Within the records below, reproduce without change the lines from the line that has "unfolding update_first report_to" through the line that has "(c : Call) (s", and only those.

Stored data
■ ■ ■ ■
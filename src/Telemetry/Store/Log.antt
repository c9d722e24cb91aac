-- ===== src/Telemetry/Store/Log.antt =====
-- The ring of traces against the log of all traces: the ring is the end of the log.
use mathlib.Core.Path.{subst}
use busybar_bridge.Prelude.{
  ℕ, ◌+◌, ◌-◌, ◌^◌, ◌≤◌, ◌<◌, ◌≡◌, refl, List, [], ◌∷◌, ◌++◌, Option, arith, length, inc64,
  length-append, map, some, none, if◌then◌else◌, ◌==◌,
}
use busybar_bridge.Prelude.Int.{ℤ, pos, quot}
use busybar_bridge.Prelude.Text.{Text}
use busybar_bridge.Telemetry.Types.{ForwardingOutcome, pending, EventTrace, Store}
use busybar_bridge.Telemetry.Store.{
  new_store, new_trace, update_first, set_outcome, record_forward_outcome,
}
use busybar_bridge.Telemetry.Store.Calls.{
  Call, connected, event, outcome, push_result, calendar_poll, step, run,
}
use busybar_bridge.Telemetry.Store.Ring.{
  last_n, Numbered, push_trace-last_n, length-update_first, update_first-drop,
  Numbered-update_first, Numbered-append,
}

-- What a reported outcome makes of the trace it is for: the outcome, the latency in whole
-- milliseconds and the message of the error, if there is one; the rest stays.
pub reported : ForwardingOutcome → ℤ → Option Text → EventTrace → EventTrace
reported o latency err t = record {
  id = t.id;
  timestamp = t.timestamp;
  event_type = t.event_type;
  summary = t.summary;
  outcome = o;
  error = elim err [ none ↦ t.error | some e ↦ e ];
  latency_ms = quot latency 1_000_000;
}

-- An outcome reaches every trace with its id, and no other.
report_to : ℕ → ForwardingOutcome → ℤ → Option Text → EventTrace → EventTrace
unfolding reported
report_to id o latency err t = if t.id == id then reported o latency err t else t

-- The specification: a log that forgets nothing, whose traces are numbered from 1.
pub log_step : List EventTrace → Call → List EventTrace
unfolding report_to
log_step log (event event_type summary now) =
    log
    ++ (record {
      id = length log + 1;
      timestamp = now;
      event_type = event_type;
      summary = summary;
      outcome = pending;
      error = [];
      latency_ms = pos 0;
    })
      ∷ []
log_step log (outcome id o latency err) = map (report_to id o latency err) log
log_step log _ = log

pub log_run : List EventTrace → List Call → List EventTrace
log_run log [] = log
log_run log (c ∷ cs) = log_run (log_step log c) cs

-- How the store stands for a log.
pub record Refines (s : Store) (log : List EventTrace) : Type 0 where
  pub capacity : s.max_ring_capacity ≡ 10
  pub ring : s.ring_buffer ≡ last_n 10 log
  pub last_id : s.next_id ≡ length log
  pub total : s.total_events ≡ length log
  pub numbered : Numbered 0 log

new_store-Refines : (now : ℤ) → Refines (new_store now) []
unfolding new_store
new_store-Refines now = ground arith

set_outcome-reported :
    (o : ForwardingOutcome) (latency : ℤ) (err : Option Text) (t : EventTrace)
    → set_outcome o latency err t ≡ reported o latency err t
unfolding set_outcome reported
set_outcome-reported o latency none t = refl
set_outcome-reported o latency (some e) t = refl

-- Below the numbers of the list no trace gets the outcome.
map_absent :
    (id : ℕ) (o : ForwardingOutcome) (latency : ℤ) (err : Option Text) (n : ℕ)
    (ts : List EventTrace)
    → Numbered n ts
    → id ≤ n
    → map (report_to id o latency err) ts ≡ ts
unfolding report_to
map_absent id o latency err n [] h k = refl
map_absent id o latency err n (t ∷ ts) h k =
    ground (arith, map_absent id o latency err (n + 1) ts h.1)

-- In a numbered list the first trace with an id is the only one.
update_first-report :
    (id : ℕ) (o : ForwardingOutcome) (latency : ℤ) (err : Option Text) (n : ℕ)
    (ts : List EventTrace)
    → Numbered n ts
    → update_first id (set_outcome o latency err) ts ≡ map (report_to id o latency err) ts
unfolding update_first report_to
update_first-report id o latency err n [] h = refl
update_first-report id o latency err n (t ∷ ts) h = ground (
  arith,
  set_outcome-reported o latency err t,
  update_first-report id o latency err (n + 1) ts h.1,
  map_absent id o latency err (n + 1) ts h.1,
)

id-set_outcome :
    (o : ForwardingOutcome) (latency : ℤ) (err : Option Text) (t : EventTrace)
    → (set_outcome o latency err t).id ≡ t.id
unfolding set_outcome
id-set_outcome o latency err t = ground arith

outcome-Refines :
    (id : ℕ) (o : ForwardingOutcome) (latency : ℤ) (err : Option Text) (s : Store)
    (log : List EventTrace)
    → Refines s log
    → Refines
        (record_forward_outcome s id o latency err)
        (update_first id (set_outcome o latency err) log)
unfolding record_forward_outcome
outcome-Refines id o latency err s log r =
    let f = set_outcome o latency err in
    let same = length-update_first id f log in
    record {
      capacity = r.capacity;
      ring = rw (same, r.ring) (update_first-drop id f (length log - 10) 0 log r.numbered);
      last_id = omega (arith, r.last_id, same);
      total = omega (arith, r.total, same);
      numbered = Numbered-update_first id f 0 log (id-set_outcome o latency err) r.numbered;
    }

step-Refines :
    (c : Call) (s : Store) (log : List EventTrace)
    → length log + 1 < 2 ^ 64
    → Refines s log
    → Refines (step s c) (log_step log c)
unfolding step log_step
step-Refines (event event_type summary now) s log h r =
    let next : inc64 s.next_id ≡ length log + 1 = omega (arith, r.last_id) in
    let t = new_trace (length log + 1) now event_type summary in
    record {
      capacity = r.capacity;
      ring = rw (next, r.capacity, r.ring) (push_trace-last_n 10 log t (omega arith));
      last_id = omega (arith, next, length-append log (t ∷ []));
      total = omega (arith, r.total, length-append log (t ∷ []));
      numbered = Numbered-append 0 log t r.numbered (unfold new_trace in omega arith);
    }
step-Refines (outcome id o latency err) s log h r =
    subst (Refines (record_forward_outcome s id o latency err))
      (update_first-report id o latency err 0 log r.numbered)
      (outcome-Refines id o latency err s log r)
step-Refines (connected b now) s log h r = ground arith
step-Refines (push_result b latency err now) s log h r = ground arith
step-Refines (calendar_poll b summary err now) s log h r = ground arith
step-Refines _ s log h r = record {
  capacity = r.capacity;
  ring = r.ring;
  last_id = r.last_id;
  total = r.total;
  numbered = r.numbered;
}

length-map : (f : EventTrace → EventTrace) (ts : List EventTrace) → length (map f ts) ≡ length ts
length-map f [] = refl
length-map f (t ∷ ts) = omega (arith, length-map f ts)

length-log_step : (log : List EventTrace) (c : Call) → length (log_step log c) ≤ length log + 1
unfolding log_step
length-log_step log (event event_type summary now) = omega (arith, length-append log (_ ∷ []))
length-log_step log (outcome id o latency err) =
    omega (arith, length-map (report_to id o latency err) log)
length-log_step log _ = omega arith

run-Refines :
    (cs : List Call) (s : Store) (log : List EventTrace)
    → length log + length cs < 2 ^ 64
    → Refines s log
    → Refines (run s cs) (log_run log cs)
unfolding run log_run
run-Refines [] s log h r = r
run-Refines (c ∷ cs) s log h r =
    run-Refines cs (step s c) (log_step log c) (omega (arith, length-log_step log c))
      (step-Refines c s log (omega arith) r)

-- After any sequence of fewer than 2^64 calls of the methods that change a store, on a new store, the
-- ring holds the last ten traces, in order, of the log that keeps every trace. In that log each
-- recorded event is one trace, pending at first, with the event's time, type and summary; the traces
-- are numbered from 1 without a gap; and each outcome that is reported for an id is written, with its
-- latency in milliseconds and its error, to the trace with that id and to no other. The last id
-- given out and the number of events are the length of the log.
pub run-new_store-Refines :
    (now : ℤ) (cs : List Call)
    → length cs < 2 ^ 64
    → Refines (run (new_store now) cs) (log_run [] cs)
run-new_store-Refines now cs h =
    run-Refines cs (new_store now) [] (omega arith) (new_store-Refines now)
■ ■ ■ ■
RESPONSE TO THE TASK ->
unfolding update_first report_to
update_first-report id o latency err n [] h = refl
update_first-report id o latency err n (t ∷ ts) h = ground (
  arith,
  set_outcome-reported o latency err t,
  update_first-report id o latency err (n + 1) ts h.1,
  map_absent id o latency err (n + 1) ts h.1,
)

id-set_outcome :
    (o : ForwardingOutcome) (latency : ℤ) (err : Option Text) (t : EventTrace)
    → (set_outcome o latency err t).id ≡ t.id
unfolding set_outcome
id-set_outcome o latency err t = ground arith

outcome-Refines :
    (id : ℕ) (o : ForwardingOutcome) (latency : ℤ) (err : Option Text) (s : Store)
    (log : List EventTrace)
    → Refines s log
    → Refines
        (record_forward_outcome s id o latency err)
        (update_first id (set_outcome o latency err) log)
unfolding record_forward_outcome
outcome-Refines id o latency err s log r =
    let f = set_outcome o latency err in
    let same = length-update_first id f log in
    record {
      capacity = r.capacity;
      ring = rw (same, r.ring) (update_first-drop id f (length log - 10) 0 log r.numbered);
      last_id = omega (arith, r.last_id, same);
      total = omega (arith, r.total, same);
      numbered = Numbered-update_first id f 0 log (id-set_outcome o latency err) r.numbered;
    }

step-Refines :
    (c : Call) (s : Store) (log : List EventTrace)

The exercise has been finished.